С грохотом, словно от ружейного выстрела, хлопает задняя дверь, и Джек просыпается на верхней ступеньке лестницы. Опять бродил во сне. Такое с ним бывает. Несколько раз мама находила его в два часа ночи на дворе: сидел там и ел землю. А один раз выбежал на дорогу голый, с садовым совком, и отбивался им от воображаемых врагов. В эти три недели, без матери, он ходит во сне чаще обычного.
Он проснулся, но голубой мигающий свет все еще здесь, и поначалу Джек не понимает, что это.

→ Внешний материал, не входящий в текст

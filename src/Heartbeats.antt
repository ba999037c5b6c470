-- ===== src/Heartbeats.antt =====
-- library/http_heartbeats_collector.cpp, with library/curl_hosts_fetcher.cpp: which hosts a service
-- has, and what they tell of its handles.
pub mod Response
pub mod Exchange
pub mod Fetcher
pub mod Validation
pub mod Pings
pub mod Membership
pub mod Summary
pub mod Own
pub mod Calls
pub mod Reports
use lsd.Common.{
  ℕ, zero, suc, String, Bool, true, false, not, ◌&&◌, Option, none, some, List, [], ◌∷◌, ◌++◌, ◌==◌,
  if◌then◌else◌, Result, ok, err, undefined, thrown, throw, Exec,
}
use lsd.OrderedMap.{Map, find, assign}
use lsd.OrderedMap.Keys.{text_key}
use lsd.Hosts.{Resolver, HostInfo, HandleInfo, ServiceInfo, host_from_text}
use lsd.Json.{Json}
use lsd.Configuration.{Texts, Configuration}
use lsd.Heartbeats.Validation.{Report, validate_host_handles}
use lsd.Heartbeats.Pings.{Collected, nothing_collected, Network, collect_from}

-- What the callback is called with.
pub record Call : Type 0 where
  pub s_info : ServiceInfo
  pub hosts : List HostInfo
  pub handles : List HandleInfo

-- A fetcher is none where its pointer was reset. `calls` is what was passed to the callback, and
-- `reports` what validation logged; other log lines are left out.
pub record Heartbeats : Type 0 where
  pub config : Configuration
  pub hosts_fetchers : List (Option ServiceInfo)
  pub fetched_services_hosts : Map String (List HostInfo)
  pub has_refresher : Bool
  pub has_callback : Bool
  pub calls : List Call
  pub reports : List Report

-- http_heartbeats_collector::http_heartbeats_collector
unfoldable pub new_heartbeats : Configuration → Heartbeats
new_heartbeats config = record {
  config = config;
  hosts_fetchers = [];
  fetched_services_hosts = [];
  has_refresher = false;
  has_callback = false;
  calls = [];
  reports = [];
}

-- A fetcher for each service.
unfoldable pub new_fetchers : Map String ServiceInfo → List (Option ServiceInfo)
new_fetchers [] = []
new_fetchers ((name, s_info) ∷ services) = some s_info ∷ new_fetchers services

unfoldable pub run : Heartbeats → Heartbeats
unfolding new_fetchers
run h = record h {
  hosts_fetchers = h.hosts_fetchers ++ new_fetchers h.config.services_list;
  has_refresher = true;
}

unfoldable pub reset_each : List (Option ServiceInfo) → List (Option ServiceInfo)
reset_each [] = []
reset_each (fetcher ∷ fetchers) = none ∷ reset_each fetchers

unfoldable pub stop : Heartbeats → Heartbeats
unfolding reset_each
stop h = record h { hosts_fetchers = reset_each h.hosts_fetchers; has_refresher = false }

unfoldable pub set_callback : Heartbeats → Heartbeats
set_callback h = record h { has_callback = true }

unfoldable pub hosts_callback : List HostInfo → ServiceInfo → Heartbeats → Heartbeats
hosts_callback hosts s_info h = record h {
  fetched_services_hosts = assign s_info.name hosts h.fetched_services_hosts;
}

-- What curl answers: whether there is a handle for it, whether the transfer went well, the
-- response's code, none where it cannot be had, and the page.
pub record Transfer : Type 0 where
  pub has_curl : Bool
  pub is_performed : Bool
  pub response_code : Option ℕ
  pub page : String

-- The loop over the lines; one that is no address is skipped.
unfoldable pub hosts_of_lines : Resolver → List String → List HostInfo
unfolding host_from_text
hosts_of_lines r [] = []
hosts_of_lines r (line ∷ lines) =
    let rest = hosts_of_lines r lines in
    elim (host_from_text r line) [ ok host ↦ host ∷ rest | err f ↦ rest ]

-- curl_hosts_fetcher::interval_func, with what it passes to its callback, if it does.
unfoldable pub interval_func : Resolver → Texts → Transfer → Option (List HostInfo)
unfolding hosts_of_lines
interval_func r texts t = if t.has_curl && not t.is_performed then none else elim t.response_code [
  | none ↦ none
  | some code ↦
      if not (code == 200) then none else some (hosts_of_lines r (texts.tokens "\n" t.page))
]

module _ (j : Json) (texts : Texts) (r : Resolver) where
  -- What follows the loop over the hosts: boost throws on an empty callback.
  unfoldable pub pass_on : ServiceInfo → Collected → Exec Heartbeats (Unit {0})
  unfolding validate_host_handles
  pass_on s_info c h =
      let reported : Heartbeats = record h {
        reports = h.reports ++ validate_host_handles c.responded_hosts c.hosts_and_handles;
      } in
      let call : Call = record {
        s_info = s_info;
        hosts = c.responded_hosts;
        handles = c.collected_handles;
      } in
      if h.has_callback
      then (ok tt, record reported { calls = h.calls ++ call ∷ [] })
      else (throw, reported)

  unfoldable pub ping_service_hosts :
      Network → ServiceInfo → List HostInfo → Exec Heartbeats (Unit {0})
  unfolding collect_from pass_on
  ping_service_hosts network s_info hosts h =
      elim (collect_from j texts r network s_info 0 hosts nothing_collected) [
        | err f ↦ (err f, h)
        | ok c ↦ pass_on s_info c h
      ]

  abbrev pub after :
      Result (Unit {0}) × Heartbeats → Exec Heartbeats (Unit {0}) → Result (Unit {0}) × Heartbeats
  after (ok u, h) rest = rest h
  after (err f, h) rest = (err f, h)

  -- One round of the loop: a service that is not listed is passed over.
  unfoldable pub ping_listed :
      Network → Option ServiceInfo → List HostInfo → Exec Heartbeats (Unit {0})
  unfolding ping_service_hosts
  ping_listed network none hosts h = (ok tt, h)
  ping_listed network (some s_info) hosts h = ping_service_hosts network s_info hosts h

  unfoldable pub ping_each :
      (String → Network) → Map String (List HostInfo) → Exec Heartbeats (Unit {0})
  unfolding ping_listed
  ping_each networks [] h = (ok tt, h)
  ping_each networks ((name, hosts) ∷ rest) h =
      after (ping_listed (networks name) (find name h.config.services_list) hosts h)
        (ping_each networks rest)

  -- `catch (const std::exception& ex)`, which logs only.
  abbrev pub caught : Result (Unit {0}) × Heartbeats → Result (Unit {0}) × Heartbeats
  caught (ok u, h) = (ok tt, h)
  caught (err (thrown type), h) = (ok tt, h)
  caught (err undefined, h) = (err undefined, h)

  -- The loop works on a copy of the map.
  unfoldable pub services_ping_callback : (String → Network) → Exec Heartbeats (Unit {0})
  unfolding ping_each
  services_ping_callback networks h = caught (ping_each networks h.fetched_services_hosts h)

Внизу лестницы появляется Бет, смотрит на него красными, опухшими от слез глазами. Бежит наверх, прыгая через три ступеньки, хватает Джека за руку и поднимает на ноги.
– Пошли, милый, – говорит дрожащим голосом. – Пошли в постель.
Он залезает под одеяло, а она садится рядом на краю кровати. Гладит его по голове бездумно, как котенка. От рук у нее пахнет чем-то сладковато-острым, похожим на герань.
Сквозь жалюзи сочится и растекается по беленому потолку мигающий свет: голубой – красный – голубой – красный. Снаружи доносятся басовитые мужские голоса и треск помех, как когда полицейские переговариваются по рации.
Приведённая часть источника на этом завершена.